Dog tried to answer, but yellow spiders, orange spiders, and brown spiders were crawling around his toes, up his thin bones. All spiders are notorious poets, and these began to whisper verses about birth and death and the middle of it all; Dog tried to shake them away, but the yellow one clung on. It whispered words about another world after death. Dog had never thought about what another world after death might look like. He wondered, Who can possibly know what will happen to me after I have lived my entire life toiling under the sun, knowing only the sun? Could there, perhaps, be a different kind of sun? Is life not futile? Certainly my thoughts, my words, are futile. But what of my being?
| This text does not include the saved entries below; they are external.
-- ===== src/Dispatch/State/History.antt =====
-- The task history keeps the last thousand entries
-- (packages/dispatcher/stockstat_dispatcher/core.py).
use stock_statistic.Common.{
  ℕ, zero, suc, ◌+◌, ◌-◌, ◌≤◌, ◌<◌, sym, false, ◌≡◌, refl, ap, ◌∙◌, List, [], ◌∷◌, ◌++◌, arith, ltb,
  Bool-cases, inl, inr,
}
use stock_statistic.Common.Lists.{length, drop, length-append, length-drop, drop-append_le}
use stock_statistic.Dispatch.State.{HistoryEntry, history_max, keep_last}

-- The last `m` items.
abbrev pub last {ℓ} : {A : Type ℓ} → ℕ → List A → List A
last m xs = drop (length xs - m) xs

-- The history after the entries were recorded one by one.
unfoldable pub record_all : List HistoryEntry → List HistoryEntry → List HistoryEntry
unfolding keep_last
record_all h [] = h
record_all h (e ∷ es) = record_all (keep_last h e) es

drop_nil {ℓ} : {A : Type ℓ} (n : ℕ) → drop {A = A} n [] ≡ []
drop_nil zero = refl
drop_nil (suc n) = refl

drop-drop {ℓ} : {A : Type ℓ} (m n : ℕ) (xs : List A) → drop m (drop n xs) ≡ drop (n + m) xs
drop-drop m zero xs = let same : m ≡ zero + m = omega arith in ap (λ (k : ℕ). drop k xs) same
drop-drop m (suc n) [] = drop_nil m ∙ sym (drop_nil (suc n + m))
drop-drop m (suc n) (x ∷ xs) =
    let same : suc (n + m) ≡ suc n + m = omega arith in
    drop-drop m n xs ∙ ap (λ (k : ℕ). drop k (x ∷ xs)) same

last_snoc {ℓ} :
    {A : Type ℓ} (m : ℕ) (xs : List A) (x : A)
    → 0 < m
    → last m (last m xs ++ x ∷ []) ≡ last m (xs ++ x ∷ [])
last_snoc m xs x h =
    let n : ℕ = length xs - m in
    let shorter = length-append (drop n xs) (x ∷ []) in
    let longer = length-append xs (x ∷ []) in
    let moved = drop-append_le n xs (x ∷ []) (omega arith) in
    let total : n + (length (drop n xs ++ x ∷ []) - m) ≡ length (xs ++ x ∷ []) - m =
      omega (arith, shorter, longer, length-drop n xs) in
    rw (← moved) (
      drop-drop (length (drop n (xs ++ x ∷ [])) - m) n (xs ++ x ∷ [])
      ∙ ap (λ (k : ℕ). drop k (xs ++ x ∷ [])) (rw (← moved) at total))

no_excess : (n : ℕ) → ltb history_max n ≡ false → zero ≡ n - history_max
no_excess n h = ground arith

append_nil : (xs : List HistoryEntry) → xs ++ [] ≡ xs
append_nil [] = refl
append_nil (x ∷ xs) = ap (λ l. x ∷ l) (append_nil xs)

append_snoc : (xs ys : List HistoryEntry) (x : HistoryEntry) → (xs ++ x ∷ []) ++ ys ≡ xs ++ x ∷ ys
append_snoc [] ys x = refl
append_snoc (y ∷ xs) ys x = ap (λ l. y ∷ l) (append_snoc xs ys x)

keep_last_lem :
    (h : List HistoryEntry) (e : HistoryEntry) → keep_last h e ≡ last history_max (h ++ e ∷ [])
unfolding keep_last
keep_last_lem h e = elim (Bool-cases (ltb history_max (length (h ++ e ∷ [])))) [
  | inl full ↦ rw full refl
  | inr room ↦
      rw room (ap (λ (k : ℕ). drop k (h ++ e ∷ [])) (no_excess (length (h ++ e ∷ [])) room))
]

record_all_lem :
    (xs : List HistoryEntry) (es : List HistoryEntry)
    → record_all (last history_max xs) es ≡ last history_max (xs ++ es)
unfolding record_all
record_all_lem xs [] = ap (last history_max) (sym (append_nil xs))
record_all_lem xs (e ∷ es) =
    ap (λ h. record_all h es)
      (keep_last_lem (last history_max xs) e ∙ last_snoc history_max xs e (omega arith))
    ∙ record_all_lem (xs ++ e ∷ []) es
    ∙ ap (last history_max) (append_snoc xs es e)

-- A history that starts empty holds the last thousand of all entries that were recorded, in order.
pub record_all-eq-last : (es : List HistoryEntry) → record_all [] es ≡ last history_max es
record_all-eq-last es = record_all_lem [] es

-- It never holds more than a thousand.
pub length-keep_last :
    (h : List HistoryEntry) (e : HistoryEntry) → length (keep_last h e) ≤ history_max
length-keep_last h e =
    rw keep_last_lem (omega (arith, length-drop (length (h ++ e ∷ []) - history_max) (h ++ e ∷ [])))
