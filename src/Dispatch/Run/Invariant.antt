-- ===== src/Dispatch/Run/Invariant.antt =====
-- The invariant of the dispatcher's state
-- (packages/dispatcher/stockstat_dispatcher/core.py).
use stock_statistic.Common.{◌+◌, ◌≤◌, ◌≡◌, true, arith}
use stock_statistic.Common.Lists.{length, All}
use stock_statistic.Common.Text.{Text}
use stock_statistic.Common.Dict.{put, values, All-put}
use stock_statistic.Dispatch.Queue.{TaskQueue}
use stock_statistic.Dispatch.Queue.Order.{IsValid}
use stock_statistic.Dispatch.Workers.{WorkerRegistry}
use stock_statistic.Dispatch.Workers.Consistent.{AllConsistent}
use stock_statistic.Dispatch.Cache.Accounted.{IsAccounted}
use stock_statistic.Dispatch.State.{
  TaskEntry, Dispatcher, history_max, history_entry, record_history,
}
use stock_statistic.Dispatch.State.History.{length-keep_last}
use stock_statistic.Dispatch.Outcome.{ErrorReport, may_retry}

-- A task is retried at most three times.
abbrev pub IsBudgeted : TaskEntry → Type 0
IsBudgeted t = t.info.retry_count ≤ 3

pub record IsSound (d : Dispatcher) : Type 0 where
  pub queue : IsValid d.queue
  pub cache : IsAccounted d.cache
  pub workers : AllConsistent d.workers
  pub tasks : All IsBudgeted (values d.tasks)
  pub history : length d.task_history ≤ history_max

pub with_task :
    (k : Text) (t : TaskEntry) (d : Dispatcher)
    → IsSound d
    → IsBudgeted t
    → IsSound (record d { tasks = put k t d.tasks })
with_task k t d h b = record {
  queue = h.queue;
  cache = h.cache;
  workers = h.workers;
  tasks = All-put IsBudgeted k t d.tasks b h.tasks;
  history = h.history;
}

pub with_workers :
    (d : Dispatcher) (r : WorkerRegistry)
    → IsSound d
    → AllConsistent r
    → IsSound (record d { workers = r })
with_workers d r h c = record {
  queue = h.queue;
  cache = h.cache;
  workers = c;
  tasks = h.tasks;
  history = h.history;
}

pub with_queue :
    (q : TaskQueue) (d : Dispatcher) → IsSound d → IsValid q → IsSound (record d { queue = q })
with_queue q d h v = record {
  queue = v;
  cache = h.cache;
  workers = h.workers;
  tasks = h.tasks;
  history = h.history;
}

pub budget_left :
    (e : ErrorReport) (t : TaskEntry) → may_retry e t ≡ true → t.info.retry_count + 1 ≤ 3
budget_left e t h = ground arith

pub record_history-IsSound :
    (t : TaskEntry) (d : Dispatcher) → IsSound d → IsSound (record_history t d)
unfolding record_history
record_history-IsSound t d h = record {
  queue = h.queue;
  cache = h.cache;
  workers = h.workers;
  tasks = h.tasks;
  history = length-keep_last d.task_history (history_entry t);
}
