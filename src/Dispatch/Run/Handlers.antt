-- ===== src/Dispatch/Run/Handlers.antt =====
-- The methods that handle requests keep the dispatcher's invariant
-- (packages/dispatcher/stockstat_dispatcher/core.py).
use stock_statistic.Protocol.Value.{Fields}
use stock_statistic.Common.{
  ℕ, suc, Bool, true, false, Option, none, some, List, [], arith, Bool-cases, Option-cases, inl,
  inr,
}
use stock_statistic.Common.Text.{Text}
use stock_statistic.Common.Dict.{get, put, All-put, All-modify, All-get}
use stock_statistic.Protocol.Task.{TaskSpec}
use stock_statistic.Dispatch.Queue.{TaskQueue, size, enqueue}
use stock_statistic.Dispatch.Queue.Order.{IsValid, enqueue-IsValid}
use stock_statistic.Dispatch.Shard.{shard_task}
use stock_statistic.Dispatch.Workers.{decrement_active, increment_active}
use stock_statistic.Dispatch.Workers.Consistent
use stock_statistic.Dispatch.Workers.Consistent.{AllConsistent}
use stock_statistic.Dispatch.SliceId.{parent_id}
use stock_statistic.Dispatch.State.{Outside, TaskEntry, Dispatcher}
use stock_statistic.Dispatch.Client.{submit, cancel_entry, cancel}
use stock_statistic.Dispatch.Cache.{DataCache}
use stock_statistic.Dispatch.Cache.Accounted.{IsAccounted}
use stock_statistic.Dispatch.Assign.{
  find_task, after_prefetch, prepare_assignment, hand_out, assign_task,
}
use stock_statistic.Dispatch.Assign.Search.{find_task-IsValid, enqueue_all-IsValid}
use stock_statistic.Dispatch.Assign.Prefetch.{prefetch_data-IsAccounted}
use stock_statistic.Dispatch.Outcome.{
  add_result, finish, is_done, after_report, on_complete, ErrorReport, fail_entry, retry_entry,
  may_retry, after_failure, on_fail, on_partial,
}
use stock_statistic.Dispatch.Run.Invariant.{
  IsBudgeted, IsSound, with_task, with_workers, with_queue, budget_left, record_history-IsSound,
}

pub submit-IsSound :
    (out : Outside) (now : ℕ) (spec : TaskSpec) (d : Dispatcher)
    → IsSound d
    → IsSound (submit out now spec d).1
unfolding submit
submit-IsSound out now spec d h = record {
  queue = enqueue_all-IsValid (shard_task out.set_order spec) d.queue h.queue;
  cache = h.cache;
  workers = h.workers;
  tasks = All-put IsBudgeted spec.task_id _ d.tasks (omega arith) h.tasks;
  history = h.history;
}

pub cancel-IsSound :
    (now : ℕ) (task_id : Text) (d : Dispatcher) → IsSound d → IsSound (cancel now task_id d).1
unfolding cancel
cancel-IsSound now task_id d h = elim (Option-cases (get task_id d.tasks)) [
  | inl unknown ↦ rw (unknown, cancel) h
  | inr (t, known) ↦
      rw (known, cancel)
        (record_history-IsSound _ _ (
          with_task task_id (cancel_entry now t) d h
            (unfold cancel_entry in All-get IsBudgeted task_id d.tasks t h.tasks known)))
]

after_prefetch-IsSound :
    (out : Outside) (now : ℕ) (spec : TaskSpec) (worker_id : Text) (d : Dispatcher)
    (r : Option Text × DataCache)
    → IsSound d
    → IsAccounted r.1
    → IsSound (after_prefetch out now spec worker_id d r).1
unfolding after_prefetch increment_active Consistent.step
after_prefetch-IsSound out now spec worker_id d (none, c) h k = record {
  queue = h.queue;
  cache = k;
  workers = h.workers;
  tasks = h.tasks;
  history = h.history;
}
after_prefetch-IsSound out now spec worker_id d (some ref, c) h k = record {
  queue = h.queue;
  cache = k;
  workers = Consistent.step-IsConsistent (Consistent.incremented worker_id) d.workers tt h.workers;
  tasks = All-modify IsBudgeted (parent_id spec.task_id) _ d.tasks (λ t b. b) h.tasks;
  history = h.history;
}

prepare_assignment-IsSound :
    (out : Outside) (now : ℕ) (spec : TaskSpec) (worker_id : Text) (d : Dispatcher)
    → IsSound d
    → IsSound (prepare_assignment out now spec worker_id d).1
unfolding prepare_assignment
prepare_assignment-IsSound out now spec worker_id d h =
    after_prefetch-IsSound out now spec worker_id d _ h
      (prefetch_data-IsAccounted out now spec d.cache h.cache)

hand_out-IsSound :
    (out : Outside) (now : ℕ) (worker_id : Text) (d : Dispatcher) (r : Option TaskSpec × TaskQueue)
    → IsSound d
    → IsValid r.1
    → IsSound (hand_out out now worker_id d r).1
hand_out-IsSound out now worker_id d (none, q) h v = with_queue q d h v
hand_out-IsSound out now worker_id d (some spec, q) h v =
    prepare_assignment-IsSound out now spec worker_id (record d { queue = q }) (with_queue q d h v)

pub assign_task-IsSound :
    (out : Outside) (now : ℕ) (worker_id : Text) (capabilities : List Text) (d : Dispatcher)
    → IsSound d
    → IsSound (assign_task out now worker_id capabilities d).1
unfolding assign_task
assign_task-IsSound out now worker_id capabilities d h =
    hand_out-IsSound out now worker_id d (find_task (suc (size d.queue)) capabilities [] d.queue) h
      (find_task-IsValid capabilities d.queue h.queue)

decremented-IsSound :
    (worker_id : Text) (good bad : Bool) (d : Dispatcher)
    → IsSound d
    → IsSound (record d { workers = decrement_active worker_id good bad d.workers })
unfolding Consistent.step
decremented-IsSound worker_id good bad d h =
    with_workers d (decrement_active worker_id good bad d.workers) h (
      Consistent.step-IsConsistent (Consistent.decremented worker_id good bad) d.workers tt
        h.workers)

after_report-IsSound :
    (out : Outside) (now : ℕ) (worker_id parent : Text) (t : TaskEntry) (d : Dispatcher)
    → IsSound d
    → IsBudgeted t
    → IsSound (after_report out now worker_id parent t d)
unfolding after_report finish
after_report-IsSound out now worker_id parent t d h b =
    let counted =
      decremented-IsSound worker_id true false (record d { tasks = put parent t d.tasks })
        (with_task parent t d h b) in
    elim (Bool-cases (is_done t)) [
      | inl last ↦
          rw last (record_history-IsSound _ _ (with_task parent (finish out now t) _ counted b))
      | inr more ↦ rw more counted
    ]

pub on_complete-IsSound :
    (out : Outside) (now : ℕ) (worker_id slice_id result : Text) (d : Dispatcher)
    → IsSound d
    → IsSound (on_complete out now worker_id slice_id result d)
unfolding on_complete
on_complete-IsSound out now worker_id slice_id result d h =
    elim (Option-cases (get (parent_id slice_id) d.tasks)) [
      | inl unknown ↦ rw (unknown, on_complete) h
      | inr (t, known) ↦
          rw (known, on_complete)
            (after_report-IsSound out now worker_id (parent_id slice_id) _ d h (
              unfold add_result in All-get IsBudgeted (parent_id slice_id) d.tasks t h.tasks known))
    ]

after_failure-IsSound :
    (worker_id parent : Text) (e : ErrorReport) (t : TaskEntry) (d : Dispatcher)
    → IsSound d
    → IsBudgeted t
    → IsSound (after_failure worker_id parent e t d)
unfolding after_failure retry_entry
after_failure-IsSound worker_id parent e t d h b =
    let counted =
      decremented-IsSound worker_id false true (record d { tasks = put parent t d.tasks })
        (with_task parent t d h b) in
    elim (Bool-cases (may_retry e t)) [
      | inl again ↦ rw again (
          with_queue (enqueue t.spec d.queue) _
            (with_task parent (retry_entry t) _ counted (budget_left e t again))
            (enqueue-IsValid t.spec d.queue h.queue))
      | inr no_more ↦ rw no_more (record_history-IsSound t _ counted)
    ]

pub on_fail-IsSound :
    (now : ℕ) (worker_id slice_id : Text) (e : ErrorReport) (d : Dispatcher)
    → IsSound d
    → IsSound (on_fail now worker_id slice_id e d)
unfolding on_fail
on_fail-IsSound now worker_id slice_id e d h =
    elim (Option-cases (get (parent_id slice_id) d.tasks)) [
      | inl unknown ↦ rw (unknown, on_fail) h
      | inr (t, known) ↦
          rw (known, on_fail)
            (after_failure-IsSound worker_id (parent_id slice_id) e _ d h (
              unfold fail_entry in All-get IsBudgeted (parent_id slice_id) d.tasks t h.tasks known))
    ]

pub on_partial-IsSound :
    (slice_id : Text) (partial : Fields) (d : Dispatcher)
    → IsSound d
    → IsSound (on_partial slice_id partial d)
unfolding on_partial
on_partial-IsSound slice_id partial d h = elim (Option-cases (get (parent_id slice_id) d.tasks)) [
  | inl unknown ↦ rw (unknown, on_partial) h
  | inr (t, known) ↦
      rw (known, on_partial)
        (with_task (parent_id slice_id) _ d h
          (All-get IsBudgeted (parent_id slice_id) d.tasks t h.tasks known))
]
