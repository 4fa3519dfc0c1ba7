-- ===== src/Dispatch/Watch/Release.antt =====
-- What the reassignment of a worker's slices does
-- (packages/dispatcher/stockstat_dispatcher/core.py).
use mathlib.Core.Path.{ap₂}
use stock_statistic.Common.{
  ℕ, ◌+◌, ◌≡◌, refl, sym, ap, ◌∙◌, Bool, List, ◌++◌, Option, none, some, [], ◌∷◌, arith, Bool-cases,
  inl, inr, Option-cases, not, ◌&&◌, is_some, if◌then◌else◌, map,
}
use stock_statistic.Common.Lists.{concat, filter, count_if, length-append}
use stock_statistic.Common.Sum.{sum_by}
use stock_statistic.Common.Text.{Text, text_eq}
use stock_statistic.Common.Dict.{Dict, get, values}
use stock_statistic.Protocol.Task.{TaskSpec}
use mathlib.Core.List.{append-nil, append_assoc}
use stock_statistic.Dispatch.Queue.{TaskQueue, enqueue, size, arrived_specs}
use stock_statistic.Dispatch.Queue.Order.{IsValid, enqueue-IsValid, arrived_specs-enqueue}
use stock_statistic.Dispatch.State.{TaskEntry, Dispatcher}
use stock_statistic.Dispatch.Watch.{
  enqueue_known, release_one, release_slices, release_tasks, reassign_worker_tasks,
}

enqueue_known-IsValid :
    (o : Option TaskSpec) (q : TaskQueue) → IsValid q → IsValid (enqueue_known o q)
enqueue_known-IsValid none q v = v
enqueue_known-IsValid (some s) q v = enqueue-IsValid s q v

module _ (worker_id : Text) where
  -- An assignment to the worker, of a slice that the task knows.
  abbrev pub is_known : Dict TaskSpec → Text × Text → Bool
  is_known slices (slice_id, wid) = text_eq wid worker_id && is_some (get slice_id slices)

  abbrev pub is_foreign : Text × Text → Bool
  is_foreign (slice_id, wid) = not (text_eq wid worker_id)

  -- The slices of a task that go back to the queue.
  abbrev pub released : TaskEntry → ℕ
  released t = count_if (is_known t.slices_by_id) t.assigned_slices

  -- The specifications of these slices, in the order of their assignments.
  abbrev pub held_slices : Dict TaskSpec → Dict Text → List TaskSpec
  held_slices slices [] = []
  held_slices slices ((slice_id, wid) ∷ d) =
      (if text_eq wid worker_id
        then (elim (get slice_id slices) [ none ↦ [] | some s ↦ s ∷ [] ])
        else [])
      ++ held_slices slices d

  abbrev pub held_by : TaskEntry → List TaskSpec
  held_by t = held_slices t.slices_by_id t.assigned_slices

  -- The entry without the worker's assignments.
  abbrev pub freed : TaskEntry → TaskEntry
  freed t = record t { assigned_slices = filter is_foreign t.assigned_slices }

  size-enqueue : (s : TaskSpec) (q : TaskQueue) → size (enqueue s q) ≡ size q + 1
  unfolding size enqueue
  size-enqueue s q = length-append q.entries _

  size-release_one :
      (slices : Dict TaskSpec) (a : Text × Text) (q : TaskQueue)
      → size (release_one worker_id slices a q) ≡ size q + (if is_known slices a then 1 else 0)
  unfolding release_one
  size-release_one slices (slice_id, wid) q = elim (Option-cases (get slice_id slices)) [
    | inl unknown ↦ rw unknown (ground arith)
    | inr (s, known) ↦ rw known (ground (arith, size-enqueue s q))
  ]

  specs-release_one :
      (slices : Dict TaskSpec) (slice_id wid : Text) (q : TaskQueue)
      → arrived_specs (release_one worker_id slices (slice_id, wid) q)
        ≡ arrived_specs q
          ++ (if text_eq wid worker_id
              then (elim (get slice_id slices) as (λ x. List TaskSpec) [
                | none ↦ []
                | some s ↦ s ∷ []
              ])
              else [])
  unfolding release_one
  specs-release_one slices slice_id wid q = elim (Bool-cases (text_eq wid worker_id)) [
    | inl mine ↦ elim (Option-cases (get slice_id slices)) [
      | inl unknown ↦ rw (mine, unknown) (sym (append-nil (arrived_specs q)))
      | inr (s, known) ↦ rw (mine, known) (arrived_specs-enqueue s q)
    ]
    | inr other ↦ rw other (sym (append-nil (arrived_specs q)))
  ]

  specs-release_slices :
      (slices : Dict TaskSpec) (d : Dict Text) (q : TaskQueue)
      → arrived_specs (release_slices worker_id slices d q).1
        ≡ arrived_specs q ++ held_slices slices d
  unfolding release_slices
  specs-release_slices slices [] q = sym (append-nil (arrived_specs q))
  specs-release_slices slices ((slice_id, wid) ∷ d) q =
      specs-release_slices slices d (release_one worker_id slices (slice_id, wid) q)
      ∙ ap (λ l. l ++ held_slices slices d) (specs-release_one slices slice_id wid q)
      ∙ append_assoc (arrived_specs q) _ (held_slices slices d)

  left-release_slices :
      (slices : Dict TaskSpec) (d : Dict Text) (q : TaskQueue)
      → (release_slices worker_id slices d q).0 ≡ filter is_foreign d
  unfolding release_slices
  left-release_slices slices [] q = refl
  left-release_slices slices ((slice_id, wid) ∷ d) q = elim (Bool-cases (text_eq wid worker_id)) [
    | inl mine ↦ rw mine (left-release_slices slices d _)
    | inr other ↦ rw other (ap (λ l. (slice_id, wid) ∷ l) (left-release_slices slices d _))
  ]

  size-release_slices :
      (slices : Dict TaskSpec) (d : Dict Text) (q : TaskQueue)
      → size (release_slices worker_id slices d q).1 ≡ size q + count_if (is_known slices) d
  unfolding release_slices
  size-release_slices slices [] q = omega arith
  size-release_slices slices ((slice_id, wid) ∷ d) q = ground (
    arith,
    size-release_slices slices d (release_one worker_id slices (slice_id, wid) q),
    size-release_one slices (slice_id, wid) q,
  )

  entries-release_tasks :
      (d : Dict TaskEntry) (q : TaskQueue)
      → values (release_tasks worker_id d q).0 ≡ map freed (values d)
  unfolding release_tasks
  entries-release_tasks [] q = refl
  entries-release_tasks ((k, t) ∷ d) q =
      ap₂ (λ left rest. record t { assigned_slices = left } ∷ rest)
        (left-release_slices t.slices_by_id t.assigned_slices q) (entries-release_tasks d _)

  size-release_tasks :
      (d : Dict TaskEntry) (q : TaskQueue)
      → size (release_tasks worker_id d q).1 ≡ size q + sum_by released (values d)
  unfolding release_tasks
  size-release_tasks [] q = omega arith
  size-release_tasks ((k, t) ∷ d) q =
      let q' = (release_slices worker_id t.slices_by_id t.assigned_slices q).1 in
      omega (arith, size-release_tasks d q', size-release_slices t.slices_by_id t.assigned_slices q)

  specs-release_tasks :
      (d : Dict TaskEntry) (q : TaskQueue)
      → arrived_specs (release_tasks worker_id d q).1
        ≡ arrived_specs q ++ concat (map held_by (values d))
  unfolding release_tasks
  specs-release_tasks [] q = sym (append-nil (arrived_specs q))
  specs-release_tasks ((k, t) ∷ d) q =
      specs-release_tasks d (release_slices worker_id t.slices_by_id t.assigned_slices q).1
      ∙ ap (λ l. l ++ concat (map held_by (values d)))
          (specs-release_slices t.slices_by_id t.assigned_slices q)
      ∙ append_assoc (arrived_specs q) (held_by t) (concat (map held_by (values d)))

-- After the reassignment every task has the assignments that it had to other workers, and no
-- other; the slices that were assigned to the worker, as the tasks know them, have arrived in the
-- queue after what was there, and nothing else has, whether their results are already in or not.
pub reassign_worker_tasks_lem :
    (worker_id : Text) (d : Dispatcher)
    → (values (reassign_worker_tasks worker_id d).tasks ≡ map (freed worker_id) (values d.tasks))
      × (size (reassign_worker_tasks worker_id d).queue
          ≡ size d.queue + sum_by (released worker_id) (values d.tasks))
      × (arrived_specs (reassign_worker_tasks worker_id d).queue
          ≡ arrived_specs d.queue ++ concat (map (held_by worker_id) (values d.tasks)))
unfolding reassign_worker_tasks
reassign_worker_tasks_lem worker_id d = (
  entries-release_tasks worker_id d.tasks d.queue,
  size-release_tasks worker_id d.tasks d.queue,
  specs-release_tasks worker_id d.tasks d.queue,
)

release_one-IsValid :
    (worker_id : Text) (slices : Dict TaskSpec) (a : Text × Text) (q : TaskQueue)
    → IsValid q
    → IsValid (release_one worker_id slices a q)
unfolding release_one
release_one-IsValid worker_id slices (slice_id, wid) q v =
    elim (Bool-cases (text_eq wid worker_id)) [
      | inl mine ↦ rw mine (enqueue_known-IsValid (get slice_id slices) q v)
      | inr other ↦ rw other v
    ]

release_slices-IsValid :
    (worker_id : Text) (slices : Dict TaskSpec) (d : Dict Text) (q : TaskQueue)
    → IsValid q
    → IsValid (release_slices worker_id slices d q).1
unfolding release_slices
release_slices-IsValid worker_id slices [] q v = v
release_slices-IsValid worker_id slices ((slice_id, wid) ∷ d) q v =
    release_slices-IsValid worker_id slices d _
      (release_one-IsValid worker_id slices (slice_id, wid) q v)

release_tasks-IsValid :
    (worker_id : Text) (d : Dict TaskEntry) (q : TaskQueue)
    → IsValid q
    → IsValid (release_tasks worker_id d q).1
unfolding release_tasks
release_tasks-IsValid worker_id [] q v = v
release_tasks-IsValid worker_id ((k, t) ∷ d) q v =
    release_tasks-IsValid worker_id d _
      (release_slices-IsValid worker_id t.slices_by_id t.assigned_slices q v)

-- The reassignment keeps the queue valid.
pub reassign_worker_tasks-IsValid :
    (worker_id : Text) (d : Dispatcher)
    → IsValid d.queue
    → IsValid (reassign_worker_tasks worker_id d).queue
unfolding reassign_worker_tasks
reassign_worker_tasks-IsValid worker_id d v = release_tasks-IsValid worker_id d.tasks d.queue v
“I think, in this new place, every creature will not be big or small, we will just be,” Lion said. “I just know it. Size will not matter. Spiders will be lions, and lions will be spiders, and then perhaps they will switch. Perhaps spiders will dwell in palaces, too.”

            Oh, and there will be roads of gold; that’s what Mother Bird said after she spotted the Lion-Lamb. Roads of gold that gleam more than these yellow leaves under white sunshine. Yes, I deserve this place. Does not the powerful deserve such an evocative land? I have done nothing but rule with strength, with discipline, do I not deserve such a place? I am tired of the dirt, of the paths that lead to uncertainty, of the other creatures who do not understand the totality of my personal strength, my own beauty.

“Oh, I cannot wait to know,” Lion said. “I cannot……”

There, in the time it took to put one paw in front of the other, Lion died, falling on the left side of his stomach, dust escaping fast as it could from his sides. Flies sweltered to his face within seconds, as if they knew he was destined to go down at this exact minute.

Dog did not shout, did not jump. His paws remained crunched into the leaves they had pressed into when Lion said his final words. He stood more upright than he had before.

He walked toward Lion, expecting him to jump up playfully, though he had never seen Lion act playful. He pressed one of his paws into the beast’s side, and his paw begin to sink as if it were being pressed into a spot of mud; the flesh opened and began to bleed, running down and soaking the giant Lion. In the state of death this powerful creature bled with the touch of a meager mutt’s paw!

Dog yelped, horrified, shaking off the skin and blood from his paw, running in circles around the body of the beast.

          The spiders followed, scattering in circles with Dog, screaming in sync:

            Death is the destiny of all

            And so the great Lion has taken his fall

            Now the day of death is greater than the day of birth

            But did Lion truly live all his birth was worth?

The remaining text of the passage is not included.